Desjardins Financial Security (DFS) wants to double its individual insurance sales outside Quebec, and boost sales growth of individual investment products throughout Canada.

The problem is, DFS’ Canadian market share is treading water. According to data from MSA Research, sales plateaued at 6.77% at the end of 2007, equal to -0.01% growth compared with 2006.

"I think I can add to our share in Quebec. The LFS network is growing, and other contributions are having an effect, like Caissassurance (sales through Desjardins’ branches), whose in-force premiums have swelled from zero at its inception seven years ago to $70 million in 2008. But in English Canada, our market share is shrinking. I want to turn this around," Alain Bédard senior vice-president individual insurance, told The Insurance Journal in an exclusive interview.

His goal, he said, is to double sales on the individual insurance side outside of Quebec and to keep growing DFS’s investment products business in Quebec and throughout the country. The company has already made significant progress in group insurance outside of the Quebec market.

As part of the three-year plan that runs until 2011, DFS has restructured its operations to underline the importance of the individual products sector. After having separated insurance and investments in 2003, in August DFS decided to regroup the two activities.

"It’s logical," Mr. Bédard explains. "When advisors offer their clients integrated financial planning, they offer funds and insurance at the same time." He points out that over 90% of his advisors in the Desjardins Financial Security Independent Network (DFSIN) – formerly known as LFS Laurentian Financial Services – hold both permits.

Having ventured outside Quebec some time ago, DFS now wants to make its investment products better known Canada-wide.

"Our planning exercise confirmed that we were profitable and able to invest in organic growth," he continues. "To reach this goal, it is important to allocate our risks across different regions and business segments." 

As of January 2009, the insurer will offer a new selection of products in the Helios line, its guaranteed minimum withdrawal benefit offering. At the same time, the insurer will launch a product line eligible for tax free savings accounts (TSFA), a new federal government tax shelter that will take effect on Jan. 1, 2009.

He also mentions a return to previously dropped market sectors. The insurer will revive SOLO, its disability and health insurance product aimed at self-employed workers, in January 2009. "We are upgrading disability coverage, among other things."

Also in 2009, DFS plans to update some products in its target markets, especially its high end Executive Health Savings Plan, owned jointly with the client’s company and launched almost five years ago.

Western MGAs

For DFS, the challenge outside Quebec is distribution, he explains. Several products are being revamped to appeal to the networks, which are more diversified outside Quebec.

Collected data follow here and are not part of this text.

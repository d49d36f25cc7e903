-- ===== src/Traffic/Canary/Success.antt =====
-- UpdateCanaryWeight over a database that answers.
use model_registry_service.Base.{
  String, ◌≡◌, ◌≢◌, refl, sym, ◌∙◌, ap, false, none, some, List, [], ◌∷◌, arith, ltb, ℤ, pos, to_ℕ,
  ◌-ℤ◌, All, Bool-cases, inl, inr,
}
use model_registry_service.Domain.Result.{ok}
use model_registry_service.Domain.Traffic.{
  Uuid, Time, TrafficVariant, TrafficConfig, out_of_range, set_weight,
}
use model_registry_service.Store.World.{Oracle, World}
use model_registry_service.Store.Silent.{SameTables-refl, At}
use model_registry_service.Store.Hoare.{Hoare, Hoare-bind, Hoare-fact, Hoare-weaken}
use model_registry_service.Store.Reliable.{
  Answers, Never, passes, finds, derefs, from_some, succeeds,
}
use model_registry_service.Store.Reliable.Calls.{clock, variant_update-Fits}
use model_registry_service.Store.Variants.{
  rows_of, row_by_id, clashes, lacks_text, overwrite, update_rows,
}
use model_registry_service.Store.Variants.Rows.{
  Has, HasUniqueIds, Has-rows_of, row_by_id-Has, ids_differ,
}
use model_registry_service.Store.Variants.Writes.{Fits}
use model_registry_service.Store.Variants.Lookup.{row_by_id-update_rows_ne}
use model_registry_service.Traffic.Route.Calm.{IsPlaced, get_config-loaded, afterwards}
use model_registry_service.Traffic.Canary.{last_named, update_canary_weight}
use model_registry_service.Traffic.Canary.Promotion.{last_named-Has, canary≢stable, set_weight-id}
use model_registry_service.Traffic.Canary.Weights.{
  IsSplit, update_canary_weight_splits, rest_in_range, set_weight-weight,
}

-- Every row could be written again: its texts are not empty, its weight fits the column, and no other
-- row of its configuration has its name.
abbrev pub AllFit : Oracle → List TrafficVariant → Type 0
AllFit E rows = (v : TrafficVariant) → Has v rows → Fits E v.traffic_config_id v rows

pub All-of_Has :
    (P : TrafficVariant → Type 0) (rows : List TrafficVariant)
    → ((r : TrafficVariant) → Has r rows → P r)
    → All P rows
All-of_Has P [] h = tt
All-of_Has P (r ∷ rows) h = (h r (inl refl), All-of_Has P rows (λ x m. h x (inr m)))

pub clashes-update_rows :
    (self config : Uuid) (name : String) (now : Time) (v : TrafficVariant)
    (rows : List TrafficVariant)
    → All (λ r. r.id ≡ v.id → r.variant_name ≡ v.variant_name) rows
    → clashes self config name (update_rows now v rows) ≡ clashes self config name rows
unfolding clashes update_rows overwrite
clashes-update_rows self config name now v [] h = refl
clashes-update_rows self config name now v (r ∷ rows) h =
    ground (arith, clashes-update_rows self config name now v rows h.1)

weighted_texts :
    (E : Oracle) (now : Time) (weight : ℤ) (v : TrafficVariant)
    → let v' = (set_weight now weight v).0 in
      (lacks_text v' ≡ lacks_text v) × (v'.variant_name ≡ v.variant_name)
unfolding set_weight
weighted_texts E now weight v = elim (Bool-cases (out_of_range weight)) [
  | inl e ↦ rw e (refl, refl)
  | inr e ↦ rw e (refl, refl)
]

in_range : (weight : ℤ) → out_of_range weight ≡ false → ltb 100 (to_ℕ weight) ≡ false
in_range weight h = ground arith

-- A row of the table under a new weight still meets the constraints.
weighted-Fits :
    (E : Oracle) (now : Time) (weight : ℤ) (v : TrafficVariant) (rows : List TrafficVariant)
    → out_of_range weight ≡ false
    → Fits E v.traffic_config_id v rows
    → Fits E v.traffic_config_id (set_weight now weight v).0 rows
weighted-Fits E now weight v rows range fits =
    let (texts, name) = weighted_texts E now weight v in
    record {
      texts = texts ∙ fits.texts;
      weight = ap (ltb 100) (set_weight-weight now weight v range) ∙ in_range weight range;
      name = ap2_clashes (set_weight-id now weight v) name ∙ fits.name;
    }
  where
    ap2_clashes :
        {i j : Uuid} {m n : String}
        → i ≡ j
        → m ≡ n
        → clashes i v.traffic_config_id m rows ≡ clashes j v.traffic_config_id n rows
    ap2_clashes e f = cc

module _ (E : Oracle) (up : Answers E) (t : World) (p id : Uuid) (weight : ℤ)
    (range : out_of_range weight ≡ false) (placed : IsPlaced p id t) (u : HasUniqueIds t.variants)
    (fit : AllFit E t.variants) (canary stable : TrafficVariant)
    (is_canary : last_named "canary" none (rows_of id t.variants) ≡ some canary)
    (is_stable : last_named "stable" none (rows_of id t.variants) ≡ some stable) where
  abbrev rows : List TrafficVariant
  rows = t.variants

  abbrev with_canary : Time → Time → List TrafficVariant
  with_canary now t1 = update_rows t1 (set_weight now weight canary).0 rows

  named_canary : Has canary rows × (canary.variant_name ≡ "canary")
  named_canary =
      let (h, n) = last_named-Has "canary" (rows_of id rows) canary is_canary in
      ((Has-rows_of canary id rows h).0, n)

  named_stable : Has stable rows × (stable.variant_name ≡ "stable")
  named_stable =
      let (h, n) = last_named-Has "stable" (rows_of id rows) stable is_stable in
      ((Has-rows_of stable id rows h).0, n)

  differ : canary.id ≢ stable.id
  differ =
      ids_differ rows canary stable u named_canary.0 named_stable.0
        (λ e. canary≢stable (sym named_canary.1 ∙ e ∙ named_stable.1))

  canary_found : (now : Time) → row_by_id (set_weight now weight canary).0.id rows ≡ some canary
  canary_found now =
      ap (λ i. row_by_id i rows) (set_weight-id now weight canary)
      ∙ row_by_id-Has canary rows u named_canary.0

  stable_found :
      (now t1 : Time)
      → row_by_id (set_weight now (pos 100 -ℤ weight) stable).0.id (with_canary now t1)
        ≡ some stable
  stable_found now t1 =
      ap (λ i. row_by_id i (with_canary now t1)) (set_weight-id now (pos 100 -ℤ weight) stable)
      ∙ row_by_id-update_rows_ne stable.id t1 (set_weight now weight canary).0 rows
          (λ e. differ (sym (e ∙ set_weight-id now weight canary)))
      ∙ row_by_id-Has stable rows u named_stable.0

  same_names :
      (now : Time)
      → All
          (λ r.
            r.id ≡ (set_weight now weight canary).0.id
            → r.variant_name ≡ (set_weight now weight canary).0.variant_name)
          rows
  same_names now = All-of_Has _ rows λ r has e.
      let one : r ≡ canary =
        same_row r canary (row_by_id-Has r rows u has) (row_by_id-Has canary rows u named_canary.0)
          (e ∙ set_weight-id now weight canary) in
      ap (λ (x : TrafficVariant). x.variant_name) one ∙ sym (weighted_texts E now weight canary).1
    where
      same_row :
          (a b : TrafficVariant)
          → row_by_id a.id rows ≡ some a
          → row_by_id b.id rows ≡ some b
          → a.id ≡ b.id
          → a ≡ b
      same_row a b h k e = cc

  stable-Fits :
      (now t1 : Time)
      → Fits E stable.traffic_config_id
          (set_weight now (pos 100 -ℤ weight) stable).0
          (with_canary now t1)
  stable-Fits now t1 =
      let fits =
        weighted-Fits E now (pos 100 -ℤ weight) stable rows (rest_in_range weight range).0
          (fit stable named_stable.0) in
      record {
        texts = fits.texts;
        weight = fits.weight;
        name =
            clashes-update_rows _ stable.traffic_config_id _ t1 (set_weight now weight canary).0
              rows (same_names now)
            ∙ fits.name;
      }

  update_total : Hoare (At t) (update_canary_weight E p id weight) (λ _ _. Unit) Never
  unfolding update_canary_weight
  update_total = Hoare-bind (passes _ _ range) λ _.
      Hoare-bind (get_config-loaded E up t p id placed) λ c. Hoare-fact λ same.
        finds _ _ _ canary
          (ap (λ (x : TrafficConfig). last_named "canary" none x.variants) same ∙ is_canary)
          (Hoare-bind (clock E up t) λ now.
            derefs _ _ stable
              (ap (λ (x : TrafficConfig). last_named "stable" none x.variants) same ∙ is_stable)
              (Hoare-bind
                (variant_update-Fits E up t (set_weight now weight canary).0 canary
                  (canary_found now)
                  (weighted-Fits E now weight canary rows range (fit canary named_canary.0)))
                λ _. from_some _ λ t1.
                  Hoare-bind
                    (variant_update-Fits E up (record t { variants = with_canary now t1 })
                      (set_weight now (pos 100 -ℤ weight) stable).0 stable (stable_found now t1)
                      (stable-Fits now t1))
                    λ _. from_some _ λ t2.
                      Hoare-weaken (λ w s. s) (λ _ _ _. tt) (λ w e. e)
                        (afterwards E up t p id placed c same _)))

-- If the database answers, the configuration, its service and its environment are in their
-- tables, the variants have unique identifiers, names that differ within a configuration, weights that
-- the column takes, and a KServe service and a revision that are not empty (an UPDATE sends an empty
-- text as NULL, which the columns refuse), and the configuration has a canary and a stable variant, then
-- UpdateCanaryWeight with a weight of 0 to 100 returns a configuration, whatever the cluster answers:
-- the canary has the weight, the stable variant the rest of 100, and no other row has changed.
pub update_canary_weight_succeeds :
    (E : Oracle) (w : World) (p id : Uuid) (weight : ℤ) (canary stable : TrafficVariant)
    → Answers E
    → out_of_range weight ≡ false
    → IsPlaced p id w
    → HasUniqueIds w.variants
    → AllFit E w.variants
    → last_named "canary" none (rows_of id w.variants) ≡ some canary
    → last_named "stable" none (rows_of id w.variants) ≡ some stable
    → (config : TrafficConfig) × ((update_canary_weight E p id weight w).0 ≡ ok config)
      × IsSplit id (to_ℕ weight) w.variants (update_canary_weight E p id weight w).1.variants
update_canary_weight_succeeds E w p id weight canary stable up range placed u fit is_canary
      is_stable =
    let (config, returned, _) =
      succeeds
        (update_total E up w p id weight range placed u fit canary stable is_canary is_stable) w
        (SameTables-refl w) in
    (config, returned, update_canary_weight_splits E p id weight w config u returned)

The managing general agency (MGA) network had been a low priority until recently. No longer. DFS signed distribution contracts with 11 new general agents in the first six months of the year, and has no plans to stop there.

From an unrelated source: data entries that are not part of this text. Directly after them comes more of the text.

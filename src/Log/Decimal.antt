-- ===== src/Log/Decimal.antt =====
-- Decimal text, as `format!("{}", n)` prints an unsigned number, and that it is injective.
use relos.Prelude.{
  ℕ, zero, suc, ◌+◌, ◌-◌, ◌*◌, ◌/◌, ◌%◌, ◌<◌, ◌≡◌, refl, [], ◌∷◌, ◌++◌, arith, ltb, sym, ap, ◌∙◌,
  inl, inr, Bool-cases, if◌then◌else◌,
}
use relos.Prelude.Bytes.{Text}

digits_of : ℕ → ℕ → Text
digits_of zero n = []
digits_of (suc fuel) n =
    let front = digits_of fuel (n / 10) in
    if ltb n 10 then (b'0' + n) ∷ [] else front ++ (b'0' + n % 10) ∷ []

-- One digit is at least a tenth of the number, so `n + 1` rounds are enough.
unfoldable pub decimal : ℕ → Text
unfolding digits_of
decimal n = digits_of (suc n) n

value_from : ℕ → Text → ℕ
value_from acc [] = acc
value_from acc (c ∷ cs) = value_from (acc * 10 + (c - b'0')) cs

value_from-append :
    (acc c : ℕ) (cs : Text) → value_from acc (cs ++ c ∷ []) ≡ value_from acc cs * 10 + (c - b'0')
unfolding value_from
value_from-append acc c [] = refl
value_from-append acc c (d ∷ cs) = value_from-append (acc * 10 + (d - b'0')) c cs

value-digits_of : (fuel n : ℕ) → n < fuel → value_from 0 (digits_of fuel n) ≡ n
unfolding digits_of value_from
value-digits_of zero n h = absurd (omega arith)
value-digits_of (suc fuel) n h = elim (Bool-cases (ltb n 10)) [
  | inl small ↦ rw small (omega arith)
  | inr large ↦ rw large (
      rw (value_from-append 0 (b'0' + n % 10) (digits_of fuel (n / 10)))
        (rw (value-digits_of fuel (n / 10) (ground arith)) (omega arith)))
]

-- Two numbers with the same text are the same number.
pub decimal-injective : (a b : ℕ) → decimal a ≡ decimal b → a ≡ b
unfolding decimal
decimal-injective a b h =
    sym (value-digits_of (suc a) a (omega arith))
    ∙ ap (value_from 0) h
    ∙ value-digits_of (suc b) b (omega arith)

decimal-120 : decimal 120 ≡ b'1' ∷ b'2' ∷ b'0' ∷ []
unfolding decimal
decimal-120 = refl
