-- ===== src/Log/Chain.antt =====
-- crates/relos-log/src/chain.rs: the chain of segments, each a range of global positions.
pub mod Routing
pub mod Extension
use relos.Prelude.{
  ℕ, ◌≡◌, Bool, true, false, ◌&&◌, Option, none, some, List, [], ◌∷◌, ◌++◌, leb, ltb, last?,
  if◌then◌else◌,
}
use relos.Prelude.Bytes.{Text}
use relos.Core.{LogPos, log_pos_begin}

pub record ChainSegment : Type 0 where
  pub loglet_id : Text
  pub start_pos : LogPos
  pub end_pos : Option LogPos

pub record LogChain : Type 0 where
  pub segments : List ChainSegment

abbrev pub open_segment : LogPos → Text → ChainSegment
open_segment start id = record { loglet_id = id; start_pos = start; end_pos = none }

-- `LogChain::new`
unfoldable pub new : Text → LogChain
new initial_loglet_id = record { segments = open_segment log_pos_begin initial_loglet_id ∷ [] }

-- `Option::is_none`, and `Option::filter` on the last segment
abbrev pub is_open : ChainSegment → Bool
is_open s = elim s.end_pos [ none ↦ true | some _ ↦ false ]

abbrev pub filter_open : Option ChainSegment → Option ChainSegment
filter_open none = none
filter_open (some s) = if is_open s then some s else none

unfoldable pub active_segment : LogChain → Option ChainSegment
active_segment c = filter_open (last? c.segments)

abbrev pub before_end : LogPos → Option LogPos → Bool
before_end p none = true
before_end p (some e) = ltb p e

abbrev pub contains : ChainSegment → LogPos → Bool
contains s p = leb s.start_pos p && before_end p s.end_pos

unfoldable pub find_in : List ChainSegment → LogPos → Option ChainSegment
find_in [] p = none
find_in (s ∷ ss) p = if contains s p then some s else find_in ss p

unfoldable pub find_segment : LogChain → LogPos → Option ChainSegment
find_segment c p = find_in c.segments p

-- `last.end_pos = Some(seal_pos)` on the last segment, if that is open
unfoldable pub seal_last : LogPos → List ChainSegment → List ChainSegment
seal_last p [] = []
seal_last p (s ∷ []) = (if is_open s then record s { end_pos = some p } else s) ∷ []
seal_last p (s ∷ t ∷ ss) = s ∷ seal_last p (t ∷ ss)

unfoldable pub extend : LogChain → LogPos → Text → LogChain
unfolding seal_last
extend c seal_pos new_loglet_id = record {
  segments = seal_last seal_pos c.segments ++ open_segment seal_pos new_loglet_id ∷ [];
}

All the same, Mr. Bédard is not leaving the door wide open. He prefers firms close to their market rather than those that have a superficial presence across Canada.

"We have production criteria but we’re not necessarily seeking large MGAs. What we’re looking at is their growth potential. We also want managing general agents that have a solid foothold in their region and that want to deal with a limited number of suppliers. I don’t want to become the 11th supplier of the firm that I just signed with," he explains.

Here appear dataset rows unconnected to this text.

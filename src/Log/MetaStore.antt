-- ===== src/Log/MetaStore.antt =====
-- crates/relos-log/src/metastore.rs: the versioned register for the chain.
use relos.Prelude.{
  ℕ, ◌≡◌, ◌≢◌, refl, Bool, true, false, List, [], ◌∷◌, arith, ◌==◌, ◌<◌, ◌+◌, ◌^◌, if◌then◌else◌,
}
use relos.Prelude.Words.{add64}
use relos.Core.{Result, ok, Exec}
use relos.Log.Chain.{LogChain}

-- `MemoryMetaStore`: the pair under the lock
pub record MetaStore : Type 0 where
  pub chain : LogChain
  pub version : ℕ

-- `MemoryMetaStore::new`
unfoldable pub new : LogChain → MetaStore
new initial_chain = record { chain = initial_chain; version = 0 }

unfoldable pub read : MetaStore → Result (LogChain × ℕ)
read m = ok (m.chain, m.version)

unfoldable pub write : LogChain → ℕ → Exec MetaStore Bool
write chain expected_version m =
    if m.version == expected_version
    then (ok true, record { chain = chain; version = add64 m.version 1 })
    else (ok false, m)

-- How many of a sequence of writes that all expect one version succeed, and the store after them.
abbrev count_true : Result Bool → ℕ
count_true (ok true) = 1
count_true _ = 0

unfoldable pub writes : ℕ → List LogChain → MetaStore → ℕ × MetaStore
writes v [] m = (0, m)
writes v (c ∷ cs) m =
    let (won, m') = write c v m in let (more, m'') = writes v cs m' in (count_true won + more, m'')

writes_lost : (v : ℕ) (cs : List LogChain) (m : MetaStore) → m.version ≢ v → writes v cs m ≡ (0, m)
unfolding writes write
writes_lost v [] m ne = refl
writes_lost v (c ∷ cs) m ne = ground (arith, writes_lost v cs m ne)

add64-ne : (v : ℕ) → v < 2 ^ 64 → add64 v 1 ≢ v
unfolding add64
add64-ne v h = omega arith

-- Of any number of clients that race from the version that the store holds, exactly the first
-- wins: its chain is stored, the version is the next one, and no other write takes effect. (The version fits in a word.)
pub writes_one_winner :
    (c : LogChain) (cs : List LogChain) (m : MetaStore)
    → m.version < 2 ^ 64
    → writes m.version (c ∷ cs) m ≡ (1, record { chain = c; version = add64 m.version 1 })
unfolding writes write
writes_one_winner c cs m h = ground (
  arith,
  writes_lost m.version cs (record { chain = c; version = add64 m.version 1 })
      (add64-ne m.version h),
)
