-- ===== src/Log/Loglet.antt =====
-- crates/relos-log/src/loglet.rs: the `Loglet` trait, as a record of operations on a state `L`,
-- and what the trait's comments promise, as a record of laws that implementations fill.
use relos.Prelude.{
  ◌+◌, ◌<◌, ◌≤◌, ◌^◌, ◌≡◌, Bool, true, false, Option, none, some, ltb, if◌then◌else◌,
}
use relos.Core.{LogPos, Entry, Result, ok, err, sealed, trimmed, Exec}

pub record Loglet (L : Type 0) : Type 0 where
  pub append : Entry → Exec L LogPos
  pub check_tail : L → Result LogPos
  pub read : LogPos → L → Result (Option Entry)
  pub trim : LogPos → Exec L (Unit {0})
  pub seal : Exec L LogPos

-- `tail`, `is_sealed` and `horizon` (below which all is trimmed) are the abstract view of a loglet.
pub record LogletLaws {L : Type 0} (ops : Loglet L) : Type 1 where
  pub Valid : L → Type 0
  pub tail : L → LogPos
  pub horizon : L → LogPos
  pub is_sealed : L → Bool
  pub tail_pos : (l : L) → Valid l → 1 ≤ tail l
  pub tail_bound : (l : L) → Valid l → tail l < 2 ^ 64
  pub check_tail_lem : (l : L) → Valid l → ops.check_tail l ≡ ok (tail l)
  -- An append to a loglet that is not sealed takes the position at the tail, and is read there.
  pub append_pos :
      (l : L) (e : Entry)
      → Valid l
      → is_sealed l ≡ false
      → tail l + 1 < 2 ^ 64
      → (ops.append e l).0 ≡ ok (tail l)
  pub append-Valid :
      (l : L) (e : Entry)
      → Valid l
      → is_sealed l ≡ false
      → tail l + 1 < 2 ^ 64
      → Valid (ops.append e l).1
  pub append-tail :
      (l : L) (e : Entry)
      → Valid l
      → is_sealed l ≡ false
      → tail l + 1 < 2 ^ 64
      → tail (ops.append e l).1 ≡ tail l + 1
  pub append-is_sealed :
      (l : L) (e : Entry)
      → Valid l
      → is_sealed l ≡ false
      → tail l + 1 < 2 ^ 64
      → is_sealed (ops.append e l).1 ≡ false
  pub append-horizon :
      (l : L) (e : Entry)
      → Valid l
      → is_sealed l ≡ false
      → tail l + 1 < 2 ^ 64
      → horizon (ops.append e l).1 ≡ horizon l
  pub read-append_self :
      (l : L) (e : Entry)
      → Valid l
      → is_sealed l ≡ false
      → tail l + 1 < 2 ^ 64
      → horizon l ≤ tail l
      → ops.read (tail l) (ops.append e l).1 ≡ ok (some e)
  pub read-append_below :
      (l : L) (e : Entry) (q : LogPos)
      → Valid l
      → tail l + 1 < 2 ^ 64
      → q < tail l
      → ops.read q (ops.append e l).1 ≡ ops.read q l
  -- What is read is an entry only below the tail.
  pub read_shown :
      (l : L) (q : LogPos) (e : Entry) → Valid l → ops.read q l ≡ ok (some e) → q < tail l
  -- An append to a sealed loglet reports the tail and changes nothing.
  pub append_sealed :
      (l : L) (e : Entry)
      → Valid l
      → is_sealed l ≡ true
      → ops.append e l ≡ (err (sealed (tail l)), l)
  -- A seal returns the tail, and changes neither the tail nor what is read.
  pub seal_pos : (l : L) → Valid l → (ops.seal l).0 ≡ ok (tail l)
  pub seal-Valid : (l : L) → Valid l → Valid (ops.seal l).1
  pub seal-is_sealed : (l : L) → Valid l → is_sealed (ops.seal l).1 ≡ true
  pub seal-tail : (l : L) → Valid l → tail (ops.seal l).1 ≡ tail l
  pub seal-horizon : (l : L) → Valid l → horizon (ops.seal l).1 ≡ horizon l
  pub read-seal : (l : L) (q : LogPos) → Valid l → ops.read q (ops.seal l).1 ≡ ops.read q l
  -- A trim makes the positions before its own read as trimmed. It changes no other read, nor the
  -- tail or the seal.
  pub trim_done : (l : L) (p : LogPos) → Valid l → (ops.trim p l).0 ≡ ok tt
  pub trim-Valid : (l : L) (p : LogPos) → Valid l → Valid (ops.trim p l).1
  pub trim-tail : (l : L) (p : LogPos) → Valid l → tail (ops.trim p l).1 ≡ tail l
  pub trim-is_sealed : (l : L) (p : LogPos) → Valid l → is_sealed (ops.trim p l).1 ≡ is_sealed l
  pub trim-horizon :
      (l : L) (p : LogPos)
      → Valid l
      → horizon (ops.trim p l).1 ≡ (if ltb (horizon l) p then p else horizon l)
  pub read-trim :
      (l : L) (p q : LogPos)
      → Valid l
      → ops.read q (ops.trim p l).1 ≡ (if ltb q p then err (trimmed q) else ops.read q l)
  -- Below the horizon all is trimmed, and where no entry is yet, none is read.
  pub read_trimmed : (l : L) (q : LogPos) → Valid l → q < horizon l → ops.read q l ≡ err (trimmed q)
  pub read_none :
      (l : L) (q : LogPos) → Valid l → horizon l ≤ q → tail l ≤ q → ops.read q l ≡ ok none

The Desjardins Financial Security Independent Network is also growing vigorously. DFSIN has grown from five centres in 2001 to 24 centres today. "We’re growing on average by four new centres per year. This network is very strong in both savings and life insurance." He plans to intensively recruit new advisors within the network in 2008, he added.

The company also has another distribution channel Desjardins Financial Security Investments (DFSI) – the former Performa network acquired from Standard Life by OptiFonds in 2006. DFS is encouraging this channel to diversify its product line. Mr. Bédard recently welcomed 90 representatives associated with DSFI to its Montreal head office. Many were from Ontario and points west. "Up until now, they were mainly mutual fund vendors, but we informed them of our other products they could offer. They were very receptive."

To fuel DFS’s growth, Mr. Bédard is actively recruiting in Toronto. In May, for example, Brigitte Mallozzi was appointed director of medical underwriting for Ontario, the Atlantic provinces and the west.

"We want to put together a savings and life team of about a dozen people, in addition to 15 people with new business in one year," Mr. Bédard says. In particular, DFS is seeking account managers.

Mr. Bédard is also differentiating specific niches to whom MGAs and DFSIN advisors can offer customized products.

"Cultural communities have differing needs. We have seen that the ethnic market has a need for guaranteed products with a very early paid up premiums. This lets them build redemption value and accumulate guaranteed savings at retirement," Mr. Bédard explains.

DSF is also carefully cultivating this market in Quebec. "The SFL network (Quebec advisor network) is usually associated with a French-speaking market, and cultural communities are pretty much overlooked. We want this to change," he adds.